Paul Ryan’s supply-side budget: Prosperity, not austerity

Real economic growth — driven by Schumpeterian innovation — can produce fiscal miracles. If nothing else, Rep. Paul Ryan’s Path to Prosperity demonstrates that reality. The budget Ryan put forward on Tuesday would balance in 2039. That’s a long time from now. The Chicago Cubs might even win a World Series by then.

But that forecast uses the lackluster economic assumptions of the Congressional Budget Office. And those assumptions assume Ryan’s sweeping tax reform would have no impact on growth. But numerous academic studies — plus common sense — suggest it would.

I can hear the screams from the left already: “Down with dynamic scoring.”

But consider this: A much-respected 2001 study found that eliminating the current tax code’s bias against savings and capital could enlarge the economy by 5-9% over the long run. And a 2004 study by Young Lee of Korea’s Hanyang University and Roger Gordon of the University of California, San Diego, found that “increases in corporate tax rates lead to lower future growth rates within countries.” And there’s many more where those came from. Smart tax reform can boost growth and tax revenue:

The Office of Management and Budget (OMB), for instance, estimates that if real GDP growth is higher by 1 percentage point in a given year, resulting in a higher trajectory for output and taxable incomes, the deficit will be $722 billion lower over a ten-year period. If that higher rate of growth were sustained throughout the ten-year period (say, due to a “productivity shock” like the changes in computer and information technology in the 1990s), the overall effect on the deficit would be orders of magnitude higher.

(And the CBO says that lower economic growth of just 0.1 percentage point each year could increase deficits by $310 billion over ten years.)
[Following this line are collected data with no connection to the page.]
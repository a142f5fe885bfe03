-- ===== src/Util/Restart/Waits.antt =====
-- pkg/util/await_health.go: how the loop that waits for a workload ends.
use ekco.Prelude.{
  ℕ, zero, suc, ◌≤◌, String, ◌≡◌, refl, ◌↔◌, ◌⊎◌, inl, inr, Bool, true, false, ◌∷◌, arith,
}
use ekco.Errors.{Result, ok, err}
use ekco.Kube.{WorkloadStatus, Workload, Call, Trace, Action, Env}
use ekco.Util.Restart.{await, check_deployment, check_stateful_set}

-- The check fails a number of times, the state moving on, and then holds.
pub data Ready (check : Action Bool) (env : Env) : ℕ → Trace → Trace → Type 0 where
  at_once : {t u : Trace} → check env t ≡ (ok true, u) → Ready check env 0 t u
  later :
      {k : ℕ} {t v u : Trace}
      → check env t ≡ (ok false, v)
      → Ready check env k v u
      → Ready check env (suc k) t u

module _ (check : Action Bool) (env : Env) where
  in_time :
      (k waits : ℕ) (t u : Trace)
      → Ready check env k t u
      → k ≤ waits
      → await check waits env t ≡ (ok tt, u)
  unfolding await
  in_time zero zero t u (at_once now) few = grind (arith, now)
  in_time zero (suc waits) t u (at_once now) few = grind (arith, now)
  in_time (suc k) zero t u (later not_yet rest) few = ground arith
  in_time (suc k) (suc waits) t u (later {v = v} not_yet rest) few =
      let tail = in_time k waits v u rest (omega arith) in grind (arith, not_yet, tail)

  last_check :
      (r : Result Bool) (t v u : Trace)
      → check env t ≡ (r, v)
      → await check 0 env t ≡ (ok tt, u)
      → check env t ≡ (ok true, u)
  unfolding await
  last_check (ok true) t v u now worked = grind (arith, now, worked)
  last_check (ok false) t v u now worked = grind (arith, now, worked)
  last_check (err e) t v u now worked = grind (arith, now, worked)

  one_check :
      (waits : ℕ) (r : Result Bool) (t v u : Trace)
      → check env t ≡ (r, v)
      → await check (suc waits) env t ≡ (ok tt, u)
      → (check env t ≡ (ok true, u))
        ⊎ ((check env t ≡ (ok false, v)) × (await check waits env v ≡ (ok tt, u)))
  unfolding await
  one_check waits (ok true) t v u now worked = inl (grind (arith, now, worked))
  one_check waits (ok false) t v u now worked = inr (now, grind (arith, now, worked))
  one_check waits (err e) t v u now worked = inl (grind (arith, now, worked))

  from_wait :
      (waits : ℕ) (t u : Trace)
      → await check waits env t ≡ (ok tt, u)
      → (k : ℕ) × (k ≤ waits) × Ready check env k t u
  from_wait zero t u worked =
      (0, omega arith, at_once (last_check (check env t).0 t (check env t).1 u refl worked))
  from_wait (suc waits) t u worked =
      elim (one_check waits (check env t).0 t (check env t).1 u refl worked) [
        | inl now ↦ (0, omega arith, at_once now)
        | inr (not_yet, rest) ↦
            let (k, few, ready) = from_wait waits _ u rest in
            (suc k, omega arith, later not_yet ready)
      ]

  -- The loop over `waits` waits ends without an error exactly if the check, after it failed at most
  -- that many times in a row without an error of its own, holds, and then it ends in the state of
  -- that check.
  pub await-Ready :
      (waits : ℕ) (t u : Trace)
      → (await check waits env t ≡ (ok tt, u)) ↔ ((k : ℕ) × (k ≤ waits) × Ready check env k t u)
  await-Ready waits t u = (from_wait waits t u, λ (k, few, ready). in_time k waits t u ready few)

-- The states in which a workload has settled.
abbrev pub SettledDeployment : WorkloadStatus → Type 0
SettledDeployment s =
    (s.ready_replicas ≡ s.replicas)
    × (s.available_replicas ≡ s.replicas)
    × (s.unavailable_replicas ≡ 0)
    × (s.updated_replicas ≡ s.replicas)

abbrev pub SettledStatefulSet : WorkloadStatus → Type 0
SettledStatefulSet s =
    (s.ready_replicas ≡ s.replicas)
    × (s.available_replicas ≡ s.replicas)
    × (s.updated_replicas ≡ s.replicas)

-- A wait that ended well ended with a check that held.
Ready-last :
    {check : Action Bool} {env : Env} {k : ℕ} {t u : Trace}
    → Ready check env k t u
    → (v : Trace) × (check env v ≡ (ok true, u))
Ready-last {t = t} (at_once now) = (t, now)
Ready-last (later not_yet rest) = Ready-last rest

module _ (ns name : String) (env : Env) where
  deployment-settled :
      (r : Result Workload) (v u : Trace)
      → env.answer (Call.get_deployment ns name) v ≡ r
      → check_deployment ns name env v ≡ (ok true, u)
      → (w : Workload) × (u ≡ Call.get_deployment ns name ∷ v)
        × (r ≡ ok w)
        × SettledDeployment w.status
  deployment-settled (err e) v u read worked = grind (arith, read, worked)
  deployment-settled (ok w) v u read worked = (
    w,
    grind (arith, read, worked),
    refl,
    (
      grind (arith, read, worked),
      grind (arith, read, worked),
      grind (arith, read, worked),
      grind (arith, read, worked),
    ),
  )

  stateful_set-settled :
      (r : Result Workload) (v u : Trace)
      → env.answer (Call.get_stateful_set ns name) v ≡ r
      → check_stateful_set ns name env v ≡ (ok true, u)
      → (w : Workload) × (u ≡ Call.get_stateful_set ns name ∷ v)
        × (r ≡ ok w)
        × SettledStatefulSet w.status
  stateful_set-settled (err e) v u read worked = grind (arith, read, worked)
  stateful_set-settled (ok w) v u read worked = (
    w,
    grind (arith, read, worked),
    refl,
    (grind (arith, read, worked), grind (arith, read, worked), grind (arith, read, worked)),
  )

  -- If the wait for a Deployment, or for a StatefulSet, ends without an error, then it ends right after a
  -- reading of that workload in which all replicas are ready, available and updated, and, of a
  -- Deployment, none is unavailable; and it waited at most as often as it could.
  pub await-Settled :
      (waits : ℕ) (t u : Trace)
      → (await (check_deployment ns name) waits env t ≡ (ok tt, u)
          → (k : ℕ) × (k ≤ waits)
            × Ready (check_deployment ns name) env k t u
            × ((v : Trace) × (w : Workload) × (u ≡ Call.get_deployment ns name ∷ v)
                × (env.answer (Call.get_deployment ns name) v ≡ ok w)
                × SettledDeployment w.status))
        × (await (check_stateful_set ns name) waits env t ≡ (ok tt, u)
            → (k : ℕ) × (k ≤ waits)
              × Ready (check_stateful_set ns name) env k t u
              × ((v : Trace) × (w : Workload) × (u ≡ Call.get_stateful_set ns name ∷ v)
                  × (env.answer (Call.get_stateful_set ns name) v ≡ ok w)
                  × SettledStatefulSet w.status))
  await-Settled waits t u = (
    λ worked.
        let (k, few, ready) = (await-Ready (check_deployment ns name) env waits t u).0 worked in
        let (v, last) = Ready-last ready in
        let (w, ends, read, settled) =
          deployment-settled (env.answer (Call.get_deployment ns name) v) v u refl last in
        (k, few, ready, (v, w, ends, read, settled)),
    λ worked.
        let (k, few, ready) = (await-Ready (check_stateful_set ns name) env waits t u).0 worked in
        let (v, last) = Ready-last ready in
        let (w, ends, read, settled) =
          stateful_set-settled (env.answer (Call.get_stateful_set ns name) v) v u refl last in
        (k, few, ready, (v, w, ends, read, settled)),
  )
So on Thursday, Ryan reran the budget numbers assuming his policies would produce faster GDP growth that was 0.5, 0.75, or 1.0 percentage point above CBO’s economic forecast for the decade. Now, depending on which of those three scenarios you plug in, the budget would balance in 2019, 2021, or 2025. And debt as a share of GDP would fall to pre-Great Recession levels by the 2030s. (If we instituted Ryan’s Medicare reform plan in, say, 2015 instead of 2023, those numbers would get bumped forward even further.)

Even better, faster growth would boost job and income growth. It would accelerate America’s return to prosperity. Now, prosperity doesn’t just mean more consumer spending. It also means the ability to pursue happiness. It means having a true opportunity society. That’s kind of the point of the American Project, right?

Now, a growth agenda needs to go beyond tax reform (and I would advocate reform even bolder than Ryan’s). Education, immigration, infrastructure, and research policy all need to be seen from that perspective and play a role. But Ryanomics would be a huge and historic step forward.